The numbers you quote aren't high so it feels unrelated to load but without more data it's hard to suggest more.

Jan 11 '19 21:01 pingles

@pingles The health check currently is pretty weak. It just returns "pong" in response. Maybe we need to extend the health check of the agent to ping the kiam server atleast. What might happen is there might be some issue with the underlying CNI provider due to which the agent <-> server communication is hampered.

And also by definition, I'll call my kiam agent alive if it can communicate with the kiam server, else it's as good as dead to me.

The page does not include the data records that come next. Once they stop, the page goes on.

-- ===== src/Fw/NackTraits/Laws.antt =====
-- When `processNack` sends a Nack, to whom, and with which reason.
use nfd_out_of_the_box.Packet.{no_reason, FaceRef, NackReason}
use nfd_out_of_the_box.Pit.{Entry, OutRecord, InRecord, get_in_record}
use nfd_out_of_the_box.Fw.NackTraits.{
  NackAction, send_nack, send_nacks, wait, Scan, scan, scan_step, start, conclude, process_nack,
}
use nfd_out_of_the_box.Prelude.{
  ℕ, ◌+◌, ◌≤◌, ◌<◌, ◌≡◌, refl, ◌⊎◌, inl, inr, Bool, Option, none, some, List, [], ◌∷◌, arith, ltb,
  ◌==◌, Bool-cases, Option-cases, sym, ap, ◌∙◌,
}

-- The out-records without a Nack, counted.
abbrev pub count_not_nacked : List OutRecord → ℕ
count_not_nacked [] = 0
count_not_nacked (r ∷ rs) = (elim r.incoming_nack [ none ↦ 1 | some n ↦ 0 ]) + count_not_nacked rs

-- The face of the last of them.
abbrev pub last_not_nacked : List OutRecord → Option FaceRef
last_not_nacked [] = none
last_not_nacked (r ∷ rs) = elim (last_not_nacked rs) [
  | some f ↦ some f
  | none ↦ elim r.incoming_nack [ none ↦ some r.face | some n ↦ none ]
]

abbrev pub IfNacked : (NackReason → Type 0) → Option NackReason → Type 0
IfNacked P none = Unit {0}
IfNacked P (some n) = P n

abbrev pub AllNacks : (NackReason → Type 0) → List OutRecord → Type 0
AllNacks P [] = Unit {0}
AllNacks P (r ∷ rs) = IfNacked P r.incoming_nack × AllNacks P rs

-- One of the records has a Nack with the reason.
abbrev pub HasNack : NackReason → List OutRecord → Type 0
HasNack n [] = ⊥
HasNack n (r ∷ rs) = (r.incoming_nack ≡ some n) ⊎ HasNack n rs

module _ (is_less_severe : NackReason → NackReason → Bool) where
  scan_count :
      (rs : List OutRecord) (c : Scan)
      → (scan is_less_severe rs c).n_out_records_not_nacked
        ≡ c.n_out_records_not_nacked + count_not_nacked rs
  unfolding scan scan_step
  scan_count [] c = omega arith
  scan_count (r ∷ rs) c = ground (arith, scan_count rs (scan_step is_less_severe r c))

  abbrev or_some : Option FaceRef → Option FaceRef → Option FaceRef
  or_some (some f) d = some f
  or_some none d = d

  scan_last :
      (rs : List OutRecord) (c : Scan)
      → (scan is_less_severe rs c).last_face_not_nacked
        ≡ or_some (last_not_nacked rs) c.last_face_not_nacked
  unfolding scan scan_step
  scan_last [] c = refl
  scan_last (r ∷ rs) c = ground (arith, scan_last rs (scan_step is_less_severe r c))

  step_source :
      (r : OutRecord) (c : Scan)
      → (r.incoming_nack ≡ some (scan_step is_less_severe r c).least_severe_reason)
        ⊎ ((scan_step is_less_severe r c).least_severe_reason ≡ c.least_severe_reason)
  unfolding scan_step
  step_source r c = elim (Option-cases r.incoming_nack) [
    | inl e ↦ rw e (inr refl)
    | inr (n, e) ↦ elim (Bool-cases (is_less_severe n c.least_severe_reason)) [
      | inl less ↦ rw (e, less) (inl refl)
      | inr other ↦ rw (e, other) (inr refl)
    ]
  ]

  scan_source :
      (rs : List OutRecord) (c : Scan)
      → HasNack (scan is_less_severe rs c).least_severe_reason rs
        ⊎ ((scan is_less_severe rs c).least_severe_reason ≡ c.least_severe_reason)
  unfolding scan
  scan_source [] c = inr refl
  scan_source (r ∷ rs) c = elim (scan_source rs (scan_step is_less_severe r c)) [
    | inl later ↦ inl (inr later)
    | inr same ↦ elim (step_source r c) [
      | inl here ↦ inl (inl (here ∙ ap some (sym same)))
      | inr before ↦ inr (same ∙ before)
    ]
  ]

  -- A pick among the reasons compared by a rank, as lp::isLessSevere compares them.
  module _ (rank : NackReason → ℕ)
      (ranked : (a b : NackReason) → is_less_severe a b ≡ ltb (rank a) (rank b)) where
    AllNacks-mono :
        (a b : NackReason) (rs : List OutRecord)
        → rank a ≤ rank b
        → AllNacks (λ n. rank b ≤ rank n) rs
        → AllNacks (λ n. rank a ≤ rank n) rs
    AllNacks-mono a b [] le all = tt
    AllNacks-mono a b (r ∷ rs) le all = (head r.incoming_nack all.0, AllNacks-mono a b rs le all.1)
      where
        head :
            (o : Option NackReason)
            → IfNacked (λ n. rank b ≤ rank n) o
            → IfNacked (λ n. rank a ≤ rank n) o
        head none h = tt
        head (some n) h = omega arith

    step_reason :
        (r : OutRecord) (c : Scan)
        → (rank (scan_step is_less_severe r c).least_severe_reason ≤ rank c.least_severe_reason)
          × IfNacked
              (λ n. rank (scan_step is_less_severe r c).least_severe_reason ≤ rank n)
              r.incoming_nack
    unfolding scan_step
    step_reason r c = elim (Option-cases r.incoming_nack) [
      | inl e ↦ rw e (omega arith, tt)
      | inr (n, e) ↦ rw e (
        ground (arith, ranked n c.least_severe_reason),
        ground (arith, ranked n c.least_severe_reason),
      )
    ]

    scan_reason :
        (rs : List OutRecord) (c : Scan)
        → (rank (scan is_less_severe rs c).least_severe_reason ≤ rank c.least_severe_reason)
          × AllNacks (λ n. rank (scan is_less_severe rs c).least_severe_reason ≤ rank n) rs
    unfolding scan
    scan_reason [] c = (omega arith, tt)
    scan_reason (r ∷ rs) c =
        let (le, all) = scan_reason rs (scan_step is_less_severe r c) in
        let (below, here) = step_reason r c in
        (
          omega arith,
          (
            (AllNacks-mono
                (scan is_less_severe rs (scan_step is_less_severe r c)).least_severe_reason
                (scan_step is_less_severe r c).least_severe_reason (r ∷ []) le (here, tt)).0,
            all,
          ),
        )

    -- What `processNack` does with the reason `n`.
    abbrev pub Outcome : {N : Type 0} → Entry N → NackReason → NackAction → Type 0
    Outcome {N} e n action =
        ((count_not_nacked e.out_records ≡ 0) × (action ≡ send_nacks n))
        ⊎ ((f : FaceRef) × (r : InRecord N) × (count_not_nacked e.out_records ≡ 1)
            × (last_not_nacked e.out_records ≡ some f)
            × (get_in_record f e ≡ some r)
            × (action ≡ send_nack f n))
        ⊎ ((f : FaceRef) × (count_not_nacked e.out_records ≡ 1)
            × (last_not_nacked e.out_records ≡ some f)
            × (get_in_record f e ≡ none)
            × (action ≡ wait))
        ⊎ ((1 < count_not_nacked e.out_records) × (action ≡ wait))

    one_left :
        (rs : List OutRecord)
        → count_not_nacked rs ≡ 1
        → (f : FaceRef) × (last_not_nacked rs ≡ some f)
    one_left [] h = absurd (omega arith)
    one_left (r ∷ rs) h = elim (Option-cases (last_not_nacked rs)) [
      | inr (f, found) ↦ (f, rw found)
      | inl gone ↦ elim (Option-cases r.incoming_nack) [
        | inl e ↦ (r.face, rw (gone, e))
        | inr (n, e) ↦ let (f, found) = one_left rs (omega (arith, (rw e at h))) in absurd (cc)
      ]
    ]

    -- `processNack` sends Nacks to all downstreams when no out-record is without a Nack. When one is
    -- without, be it the only out-record or not, it sends a Nack to the face of that record
    -- alone if the face is a downstream, and waits otherwise; with more than one it waits. The reason that
    -- it sends is that of a Nack on an out-record, or the reason NONE that it starts from, and none of
    -- these is less severe, by any rank that isLessSevere compares.
    pub process_nack_lem :
        {N : Type 0} (e : Entry N)
        → (n : NackReason) × (HasNack n e.out_records ⊎ (n ≡ no_reason))
          × (rank n ≤ rank no_reason)
          × AllNacks (λ m. rank n ≤ rank m) e.out_records
          × Outcome e n (process_nack is_less_severe e)
    unfolding process_nack start conclude
    process_nack_lem e =
        let count = scan_count e.out_records start in
        let last = scan_last e.out_records start in
        let reason = scan_reason e.out_records start in
        let least : NackReason = (scan is_less_severe e.out_records start).least_severe_reason in
        (
          least,
          scan_source e.out_records start,
          reason.0,
          reason.1,
          elim (Bool-cases (count_not_nacked e.out_records == 1)) [
            | inl one ↦
                let is_one : count_not_nacked e.out_records ≡ 1 = ground arith in
                let (f, found) = one_left e.out_records is_one in
                elim (Option-cases (get_in_record f e)) [
                  | inl absent ↦ inr (inr (inl (f, is_one, found, absent, ground arith)))
                  | inr (r, there) ↦ inr (inl (f, r, is_one, found, there, ground arith))
                ]
            | inr other ↦ elim (Bool-cases (ltb 0 (count_not_nacked e.out_records))) [
              | inl more ↦ inr (inr (inr (ground arith, ground arith)))
              | inr idle ↦ inl (ground arith, ground arith)
            ]
          ],
        )
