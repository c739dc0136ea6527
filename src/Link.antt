-- ===== src/Link.antt =====
-- daemon/face: fragmentation, reassembly and reliability of the generic link service. An lp::Packet of ndn-cxx
-- is its Sequence, FragIndex, FragCount and Fragment fields and, as `headers`, all other NDNLPv2
-- fields; a default-constructed one has none of these.
pub mod Packets
pub mod Reliability
pub mod Acks
pub mod Remaining
pub mod Budget
pub mod RetxBound
pub mod Piggyback
pub mod Fragmenter
pub mod Reassembler
pub mod RoundTrip
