-- ===== src/Link/Acks.antt =====
-- The receiving side of daemon/face/lp-reliability.cpp: Acks, the fragments that they show to be lost, and the
-- queue of Acks to send.
use nfd_out_of_the_box.Prelude.{
  length, set, is_empty, get_elem?, ℕ, ◌+◌, ◌-◌, Bool, true, false, not, Option, none, some, List,
  [], ◌∷◌, ◌++◌, map, ltb, leb, ◌==◌, if◌then◌else◌, zero, suc,
}
use nfd_out_of_the_box.Link.Reliability.{
  keys_before, swap_remove, emplace_at, on_lp_packet_lost, keys_from, delete_unacked_frag, find_at,
  is_among, modify_at, take_until, ReliabilityOptions, LpPacket, erase_at, UnackedFrag,
  LpReliability,
}

abbrev pub is_there : Option ℕ → Bool
is_there none = false
is_there (some k) = true

-- The sequences that came longer ago than the RTO leave the memory of recent ones.
unfoldable pub forget_old : ℕ → List ℕ → List (ℕ × ℕ) → List ℕ × List (ℕ × ℕ)
forget_old limit [] recent = ([], recent)
forget_old limit (k ∷ ks) recent =
    let rest = forget_old limit ks (erase_at k recent) in
    if ltb (elim (find_at k recent) [ none ↦ 0 | some t ↦ t ]) limit then rest else (k ∷ ks, recent)

module _ {H : Type 0} (estimated_rto : List ℕ → ℕ) where
  unfoldable pub count_ack : Bool → Bool → LpReliability H → LpReliability H
  count_ack false did_retx s = s
  count_ack true false s = record s { n_acknowledged = s.n_acknowledged + 1 }
  count_ack true true s = record s { n_retransmitted = s.n_retransmitted + 1 }

  -- The fragment is to be among those of its network packet, which the code asserts.
  unfoldable pub on_lp_packet_acknowledged :
      ℕ → UnackedFrag H → LpReliability H → Option (LpReliability H)
  on_lp_packet_acknowledged k frag s = elim (get_elem? s.net_pkts frag.net_pkt) [
    | none ↦ none
    | some net ↦
        let left = swap_remove k net.unacked_frags in
        if not (is_among k net.unacked_frags)
        then none
        else some (
            delete_unacked_frag k (
              count_ack (is_empty left) net.did_retx (record s {
                net_pkts = set s.net_pkts frag.net_pkt (record net { unacked_frags = left });
              })))
  ]

  -- The keys from the start of the window up to a key, round the end of the map.
  unfoldable pub window_before : Option ℕ → ℕ → List (ℕ × UnackedFrag H) → List ℕ
  window_before none k frags = take_until k (map (λ y. y.0) frags)
  window_before (some f) k frags = take_until k (keys_from f frags ++ keys_before f frags)

  unfoldable pub count_greater_acks :
      ℕ → List ℕ → List (ℕ × UnackedFrag H) → List (ℕ × UnackedFrag H) × List ℕ
  count_greater_acks threshold [] frags = (frags, [])
  count_greater_acks threshold (j ∷ js) frags =
      let counted =
        modify_at j (λ f. record f { n_greater_seq_acks = f.n_greater_seq_acks + 1 }) frags in
      let (rest, lost) = count_greater_acks threshold js counted in
      (
        rest,
        elim (find_at j counted) [
          | none ↦ lost
          | some f ↦ if leb threshold f.n_greater_seq_acks then (j ∷ lost) else lost
        ],
      )

  unfoldable pub find_lost_lp_packets : ℕ → LpReliability H → List ℕ × LpReliability H
  find_lost_lp_packets k s =
      let (frags, lost) =
        count_greater_acks s.options.seq_num_loss_threshold
          (window_before s.first_unacked_frag k s.unacked_frags) s.unacked_frags in
      (lost, record s { unacked_frags = frags })

  -- `removed` is `removedLpPackets`.
  unfoldable pub handle_lost : ℕ → List ℕ → List ℕ → LpReliability H → Option (LpReliability H)
  handle_lost now [] removed s = some s
  handle_lost now (j ∷ js) removed s =
      if is_among j removed
      then handle_lost now js removed s
      else elim (on_lp_packet_lost estimated_rto now j s) [
        | none ↦ none
        | some (more, s1) ↦ handle_lost now js (removed ++ more) s1
      ]

  unfoldable pub process_ack : ℕ → ℕ → LpReliability H → Option (LpReliability H)
  process_ack now k s = elim (find_at k s.unacked_frags) [
    | none ↦ some s
    | some frag ↦
        let s1 =
          if frag.retx_count == 0
          then record s { rtt_measurements = s.rtt_measurements ++ (now - frag.send_time) ∷ [] }
          else s in
        let (lost, s2) = find_lost_lp_packets k s1 in
        elim (on_lp_packet_acknowledged k frag s2) [
          | none ↦ none
          | some s3 ↦ handle_lost now lost [] s3
        ]
  ]

  unfoldable pub process_acks : ℕ → List ℕ → LpReliability H → Option (LpReliability H)
  process_acks now [] s = some s
  process_acks now (k ∷ ks) s = elim (process_ack now k s) [
    | none ↦ none
    | some s1 ↦ process_acks now ks s1
  ]

  -- The Bool says that the Sequence is a duplicate. `now > received + rto` is `received < now - rto`.
  unfoldable pub note_sequence : ℕ → Option ℕ → LpReliability H → Bool × LpReliability H
  note_sequence now none s = (false, s)
  note_sequence now (some k) s =
      let (queue, recent) =
        forget_old (now - estimated_rto s.rtt_measurements) s.recent_recv_seqs_queue
          s.recent_recv_seqs in
      (
        is_there (find_at k s.recent_recv_seqs),
        record s {
          recent_recv_seqs = emplace_at k now recent;
          recent_recv_seqs_queue = queue ++ k ∷ [];
        },
      )

  unfoldable pub start_idle_ack_timer : ℕ → LpReliability H → LpReliability H
  start_idle_ack_timer now s = elim s.idle_ack_timer [
    | none ↦ record s { idle_ack_timer = some (now + s.options.idle_ack_timer_period) }
    | some _ ↦ s
  ]

  -- A fragment with a TxSequence is acknowledged later.
  unfoldable pub note_fragment : ℕ → LpPacket H → LpReliability H → Bool × LpReliability H
  note_fragment now p s = elim p.tx_sequence [
    | none ↦ (true, s)
    | some k ↦
        if p.has_fragment
        then (
          not (note_sequence now p.sequence (record s { ack_queue = s.ack_queue ++ k ∷ [] })).0,
          start_idle_ack_timer now
              (note_sequence now p.sequence (record s { ack_queue = s.ack_queue ++ k ∷ [] })).1,
        )
        else (true, s)
  ]

  -- The Bool is the result: whether the packet is no duplicate.
  unfoldable pub process_incoming_packet :
      ℕ → LpPacket H → LpReliability H → Option (Bool × LpReliability H)
  process_incoming_packet now p s = elim (process_acks now p.acks s) [
    | none ↦ none
    | some s1 ↦ some (note_fragment now p s1)
  ]

-- The loop over the queue: the Acks that are added and those that stay.
unfoldable pub take_acks : ℕ → ℕ → List ℕ → List ℕ × List ℕ
take_acks ack_size space [] = ([], [])
take_acks ack_size space (k ∷ ks) =
    let rest = take_acks ack_size (space - ack_size) ks in
    if ltb space ack_size then ([], k ∷ ks) else (k ∷ rest.0, rest.1)

module _ {H : Type 0} where
  -- The size of the packet, the limit, which is `mtu` or `MAX_NDN_PACKET_SIZE`, and the space kept for longer
  -- lengths come from ndn-cxx's encoder. A negative remaining space is less than any Ack, as 0 is.
  unfoldable pub piggyback :
      ℕ → ℕ → ℕ → ℕ → LpPacket H → LpReliability H → LpPacket H × LpReliability H
  piggyback ack_size limit reserved size p s =
      let (added, left) = take_acks ack_size (limit - reserved - size) s.ack_queue in
      (record p { acks = p.acks ++ added }, record s { ack_queue = left })

  -- The loop of the idle Ack timer: `requestIdlePacket` sends a packet without a Fragment, `idle`, to which Acks
  -- are added. Each packet takes an Ack at least, so that the length of the queue is fuel enough.
  unfoldable pub send_idle_packets :
      ℕ → ℕ → ℕ → ℕ → LpPacket H → ℕ → LpReliability H → List (LpPacket H) × LpReliability H
  send_idle_packets ack_size limit reserved size idle zero s = ([], s)
  send_idle_packets ack_size limit reserved size idle (suc n) s =
      let r =
        send_idle_packets ack_size limit reserved size idle n
          (piggyback ack_size limit reserved size idle s).1 in
      if is_empty s.ack_queue
      then ([], s)
      else ((piggyback ack_size limit reserved size idle s).0 ∷ r.0, r.1)

  -- The callback of the idle Ack timer, which no longer runs.
  unfoldable pub on_idle_ack_timeout :
      ℕ → ℕ → ℕ → ℕ → LpPacket H → LpReliability H → List (LpPacket H) × LpReliability H
  on_idle_ack_timeout ack_size limit reserved size idle s =
      send_idle_packets ack_size limit reserved size idle (length s.ack_queue)
        (record s { idle_ack_timer = none })

  unfoldable pub set_options : Bool → ReliabilityOptions → LpReliability H → LpReliability H
  set_options is_disabled options s = record s {
    options = options;
    idle_ack_timer = if is_disabled then none else s.idle_ack_timer;
  }
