-- ===== src/Link/Remaining.antt =====
-- The map of fragments of daemon/face/lp-reliability.cpp, and the retransmissions that they have left.
use nfd_out_of_the_box.Prelude.{
  ℕ, ◌+◌, ◌-◌, ◌≤◌, ◌<◌, ◌≡◌, refl, inl, inr, none, some, List, [], ◌∷◌, arith, ltb, ◌==◌,
  Bool-cases, ap,
}
use nfd_out_of_the_box.Link.Reliability.{UnackedFrag, modify_at, emplace_at, erase_at, find_at}

-- The map of fragments, in the order of its keys.
abbrev pub AllAbove : {A : Type 0} → ℕ → List (ℕ × A) → Type 0
AllAbove n [] = Unit {0}
AllAbove n (x ∷ xs) = (n < x.0) × AllAbove n xs

abbrev pub IsAscending : {A : Type 0} → List (ℕ × A) → Type 0
IsAscending [] = Unit {0}
IsAscending (x ∷ xs) = AllAbove x.0 xs × IsAscending xs

module _ {A : Type 0} where
  pub AllAbove-mono : (a b : ℕ) (xs : List (ℕ × A)) → a ≤ b → AllAbove b xs → AllAbove a xs
  AllAbove-mono a b [] le h = tt
  AllAbove-mono a b (x ∷ xs) le h = (omega arith, AllAbove-mono a b xs le h.1)

  pub find_at-AllAbove : (k : ℕ) (xs : List (ℕ × A)) → AllAbove k xs → find_at k xs ≡ none
  unfolding find_at
  find_at-AllAbove k [] h = refl
  find_at-AllAbove k (x ∷ xs) h = ground (arith, find_at-AllAbove k xs h.1)

  erase_at-AllAbove : (n k : ℕ) (xs : List (ℕ × A)) → AllAbove n xs → AllAbove n (erase_at k xs)
  unfolding erase_at
  erase_at-AllAbove n k [] h = tt
  erase_at-AllAbove n k (x ∷ xs) h = ground (arith, erase_at-AllAbove n k xs h.1)

  pub erase_at-IsAscending :
      (k : ℕ) (xs : List (ℕ × A)) → IsAscending xs → IsAscending (erase_at k xs)
  unfolding erase_at
  erase_at-IsAscending k [] h = tt
  erase_at-IsAscending k (x ∷ xs) h =
      ground (arith, erase_at-IsAscending k xs h.1, erase_at-AllAbove x.0 k xs h.0)

  emplace_at-AllAbove :
      (n k : ℕ) (v : A) (xs : List (ℕ × A)) → n < k → AllAbove n xs → AllAbove n (emplace_at k v xs)
  unfolding emplace_at
  emplace_at-AllAbove n k v [] l h = (l, tt)
  emplace_at-AllAbove n k v (x ∷ xs) l h = ground (arith, emplace_at-AllAbove n k v xs l h.1)

  pub emplace_at-IsAscending :
      (k : ℕ) (v : A) (xs : List (ℕ × A)) → IsAscending xs → IsAscending (emplace_at k v xs)
  unfolding emplace_at
  emplace_at-IsAscending k v [] h = (tt, tt)
  emplace_at-IsAscending k v (x ∷ xs) h = elim (Bool-cases (x.0 == k)) [
    | inl same ↦ rw (same, emplace_at) h
    | inr other ↦ elim (Bool-cases (ltb k x.0)) [
      | inl before ↦
          let l : k < x.0 = ground arith in
          rw (other, before, emplace_at) ((l, AllAbove-mono k x.0 xs (omega arith) h.0), h)
      | inr after ↦
          let l : x.0 < k = ground arith in
          rw (other, after, emplace_at)
            (emplace_at-AllAbove x.0 k v xs l h.0, emplace_at-IsAscending k v xs h.1)
    ]
  ]

  modify_at-AllAbove :
      (n k : ℕ) (u : A → A) (xs : List (ℕ × A)) → AllAbove n xs → AllAbove n (modify_at k u xs)
  unfolding modify_at
  modify_at-AllAbove n k u [] h = tt
  modify_at-AllAbove n k u (x ∷ xs) h = ground (arith, modify_at-AllAbove n k u xs h.1)

  pub modify_at-IsAscending :
      (k : ℕ) (u : A → A) (xs : List (ℕ × A)) → IsAscending xs → IsAscending (modify_at k u xs)
  unfolding modify_at
  modify_at-IsAscending k u [] h = tt
  modify_at-IsAscending k u (x ∷ xs) h =
      ground (arith, modify_at-IsAscending k u xs h.1, modify_at-AllAbove x.0 k u xs h.0)

  -- What is in the map stays where it is when another value is emplaced.
  find_at-emplace_at :
      (k j : ℕ) (v a : A) (xs : List (ℕ × A))
      → IsAscending xs
      → find_at k xs ≡ some a
      → find_at k (emplace_at j v xs) ≡ some a
  unfolding find_at emplace_at
  find_at-emplace_at k j v a [] h e = absurd (cc)
  find_at-emplace_at k j v a (x ∷ xs) h e = elim (Bool-cases (x.0 == j)) [
    | inl same ↦ rw (same, emplace_at) e
    | inr other ↦ elim (Bool-cases (ltb j x.0)) [
      | inl before ↦
          rw (other, before, emplace_at)
            (elim (Bool-cases (j == k)) [
              | inr apart ↦ rw (apart, find_at) e
              | inl hit ↦ absurd (
                  let l : k < x.0 = ground arith in
                  let gone =
                    find_at-AllAbove k (x ∷ xs) (l, AllAbove-mono k x.0 xs (omega arith) h.0) in
                  cc)
            ])
      | inr after ↦
          rw (other, after, emplace_at)
            (elim (Bool-cases (x.0 == k)) [
              | inl here ↦ rw (here, find_at) (rw here at e)
              | inr there ↦ rw (there, find_at) (find_at-emplace_at k j v a xs h.1 (rw there at e))
            ])
    ]
  ]

module _ {H : Type 0} (m : ℕ) where
  -- The retransmissions that the fragments in the map have left.
  abbrev pub retx_left : List (ℕ × UnackedFrag H) → ℕ
  retx_left [] = 0
  retx_left (x ∷ xs) = (m - x.1.retx_count) + retx_left xs

  pub emplace_at-retx_left :
      (k : ℕ) (f : UnackedFrag H) (xs : List (ℕ × UnackedFrag H))
      → retx_left (emplace_at k f xs) ≤ (m - f.retx_count) + retx_left xs
  unfolding emplace_at
  emplace_at-retx_left k f [] = omega arith
  emplace_at-retx_left k f (x ∷ xs) = ground (arith, emplace_at-retx_left k f xs)

  pub erase_at-retx_left :
      (k : ℕ) (xs : List (ℕ × UnackedFrag H)) → retx_left (erase_at k xs) ≤ retx_left xs
  unfolding erase_at
  erase_at-retx_left k [] = omega arith
  erase_at-retx_left k (x ∷ xs) = ground (arith, erase_at-retx_left k xs)

  find_at-retx_left :
      (k : ℕ) (f : UnackedFrag H) (xs : List (ℕ × UnackedFrag H))
      → find_at k xs ≡ some f
      → retx_left (erase_at k xs) + (m - f.retx_count) ≡ retx_left xs
  unfolding find_at erase_at
  find_at-retx_left k f [] e = absurd (cc)
  find_at-retx_left k f (x ∷ xs) e = elim (Bool-cases (x.0 == k)) [
    | inl here ↦
        let same : x.1 ≡ f = ground arith in
        rw (here, erase_at) (omega (arith, ap (λ (z : UnackedFrag H). m - z.retx_count) same))
    | inr there ↦ rw (there, erase_at) (omega (arith, find_at-retx_left k f xs (rw there at e)))
  ]

  pub modify_at-retx_left :
      (k : ℕ) (u : UnackedFrag H → UnackedFrag H) (xs : List (ℕ × UnackedFrag H))
      → ((f : UnackedFrag H) → (u f).retx_count ≡ f.retx_count)
      → retx_left (modify_at k u xs) ≡ retx_left xs
  unfolding modify_at
  modify_at-retx_left k u [] h = refl
  modify_at-retx_left k u (x ∷ xs) h = ground (arith, h x.1, modify_at-retx_left k u xs h)

  -- A fragment that moves to a new sequence has a retransmission less left.
  pub moved-retx_left :
      (k j : ℕ) (f g : UnackedFrag H) (xs : List (ℕ × UnackedFrag H))
      → IsAscending xs
      → find_at k xs ≡ some f
      → f.retx_count < m
      → g.retx_count ≡ f.retx_count + 1
      → retx_left (erase_at k (emplace_at j g xs)) + 1 ≤ retx_left xs
  moved-retx_left k j f g xs h e l q =
      let found = find_at-retx_left k f (emplace_at j g xs) (find_at-emplace_at k j g f xs h e) in
      let put = emplace_at-retx_left j g xs in omega (arith, found, put, l, q)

Please correct me if I'm wrong.

Jan 15 '19 10:01 thejasbabu

It's a good question. Currently the agent will attempt to re-initiate connection to the server in the event of networking or other transient errors. The usual deployment topology (an agent running on each node) also means that there's not much value in having the agent flap in the event of it not connecting to the server? As long as the agent process is healthy (which the health-check confirms) then it will attempt to re-establish a connection to any server.

@uswitch/cloud ?

Jan 15 '19 10:01 pingles

@thejasbabu from your comment above, does that mean that you've figured out what the problem of your original issue is?

Jan 17 '19 10:01 pingles

We've had the kiam-agent terminated for failing liveness probe too - may I suggest adding requests for CPU and memory in agent.yaml. Absent those the default Kubernetes behaviour is to give each container a CPU share of 0.2%, so if your machine does get busy it will be starved out. (ref #222)

Mar 20 '19 12:03 bboreham

any news on this issue?

Jun 10 '20 13:06 andronux